Some repositories & Code showcase

paginate pandas (Interactive pagination for pandas.DataFrames)

https://github.com/jmberros/paginate_pandas

paginate pandas is a dead-simple interactive paginator for a pandas Series or DataFrames that leverages on ipywidgets and works beautifully on Jupyter Lab. It let’s you easily browse through a possibly big (say, hundreds of thousands of rows) dataframe advancing page by page. It also let’s you control the page size. If you deal with pandas a lot in Jupyter, this will change your quality of (developer) life.

I developed it out of the necessity of exploring large tables from Jupyter.

paip (DNA data analysis pipelines)

https://github.com/biocodices/paip

paip is a Luigi-based Python pipeline for the analysis of DNA sequencing NGS data. It has routines for quality control, variant calling and report generation, with a comprehensive unit test suite for pytest. I coded this in the span of 2 years as new needs arised in a medical genomics laboratory.

anotala (annotation of mutations)

https://github.com/biocodices/anotala

anotala is an Python bioinformatics utilty that lets you annotate DNA mutations, i.e. add extra information to mutations found in a sample like aminoacid/protein affected, coding vs. non-coding and other region types, predicted strength of effect with different softwares, diseases known to be associated with the mutation.

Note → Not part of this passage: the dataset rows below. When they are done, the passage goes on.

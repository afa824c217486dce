-- ===== src/Rpg/Game/Slots.antt =====
-- `cmd_save` and `cmd_load` of demo-rpg/src/game.cpp, over the files that they write and read: a
-- table from the path to the text.
use c_book.Prelude.{
  ℕ, ◌≡◌, refl, ap, ◌∙◌, Bool, true, List, [], ◌++◌, codes, bytes_eq, Outcome, throw, ok,
}
use c_book.Prelude.Tables.{Table, find_key, assign, find_key-assign, find_key-assign-other}
use c_book.Rpg.Game.{Game}
use c_book.Rpg.Places.{World}
use c_book.Rpg.Saves.Writing.{SaveError, invalid_number, Saved, write}
use c_book.Rpg.Saves.Reading.{read, clear_world}
use c_book.Rpg.Saves.RoundTrip.{IsGame, read-write}
use c_book.Rpg.Worlds.{WorldError, load_world}

abbrev pub Files : Type 0
Files = Table (List ℕ)

abbrev pub slot_path : List ℕ → List ℕ
slot_path slot = codes "data/saves/" ++ (slot ++ codes ".sav")

abbrev pub world_path : List ℕ
world_path = codes "data/world.txt"

abbrev pub saved_of : Game → Saved
saved_of g = record {
  player = g.player;
  world = g.world;
  current_location_id = g.current_location_id;
}

store_text : List ℕ → Outcome SaveError (List ℕ) → Files → Files
store_text path (throw e) files = files
store_text path (ok text) files = assign path text files

-- `opens` is whether the file can be opened for writing.
unfoldable pub cmd_save : Bool → List ℕ → Game → Files → Files
unfolding write store_text
cmd_save opens slot g files = store_text (slot_path slot) (write opens (saved_of g)) files

-- An exception that `catch (const GameError&)` does not take leaves the game.
caught : SaveError → Game → Outcome SaveError Game
caught invalid_number g = throw invalid_number
caught e g = ok g

take_save : Outcome SaveError Saved → Game → Outcome SaveError Game
unfolding caught
take_save (throw e) g = caught e g
take_save (ok s) g =
    ok
      (record g { world = s.world; player = s.player; current_location_id = s.current_location_id })

load_over : Outcome WorldError World → List ℕ → Files → Game → Outcome SaveError Game
unfolding read take_save
load_over (throw e) slot files g = ok g
load_over (ok world) slot files g =
    take_save
      (read (find_key (slot_path slot) files)
        (record { player = g.player; world = world; current_location_id = g.current_location_id }))
      g

unfoldable pub cmd_load : List ℕ → Files → Game → Outcome SaveError Game
unfolding load_world load_over
cmd_load slot files g = load_over (load_world (find_key world_path files)) slot files g

-- The text of a save that could be written.
abbrev written : Outcome SaveError (List ℕ) → List ℕ
written (throw e) = []
written (ok text) = text

-- A game that is saved to a slot, by a write that succeeds, comes back from it in whatever state the
-- game is then: the player, the items of every location and the current location are those of the save.
-- The file of the world has to have the locations of the game, and the saved game to be one of these:
-- its player is in order; the names of the player and of the items are not empty, and have no
-- underscore and no white space but spaces; the identifiers of the locations are not empty and have no
-- white space, and each location is filed once, under its own; the numbers have 32 bits; the current
-- location is one of the world.
pub cmd_load-cmd_save :
    (slot : List ℕ) (g later : Game) (files : Files) (world : World)
    → IsGame (saved_of g)
    → load_world (find_key world_path files) ≡ ok world
    → clear_world g.world ≡ clear_world world
    → cmd_load slot (cmd_save true slot g files) later ≡ ok (record g { running = later.running })
unfolding cmd_load cmd_save load_over take_save store_text write bytes_eq
cmd_load-cmd_save slot g later files world good loaded same =
    let path = slot_path slot in
    let text = written (write true (saved_of g)) in
    let base : Saved = record {
      player = later.player;
      world = world;
      current_location_id = later.current_location_id;
    } in
    ap (λ o. load_over (load_world o) slot (assign path text files) later)
      (find_key-assign-other path text world_path files refl)
    ∙ ap (λ w. load_over w slot (assign path text files) later) loaded
    ∙ ap (λ o. take_save (read o base) later) (find_key-assign path text files)
    ∙ ap (λ o. take_save o later) (read-write (saved_of g) base good same)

It implements a cache that can be based on MySQL, PostgreSQL or Redis.

More use cases in the repo’s README.

vcf to dataframe (DNA data format conversion)

https://github.com/biocodices/vcf_to_dataframe

vcf_to_dataframe is a Python utilty to import a VCF file (a standard format to store DNA variants) as a pandas DataFrame. It allows to import any subset of samples in the file and it converts all INFO and GT fields to Python lists or dicts to ease the downstream parsing.

bed to tabix (1KGP genotypes downloader)

https://github.com/biocodices/bed_to_tabix

bed_to-tabix is a friendly Python CLI utility that will download the genotypes of 2,504 individuals of the 1,000 Genomes Project (1KGP) for the genome regions define in an input BED file. The script deals with chromosome separate downloading and merging, and with temporary files clenaup.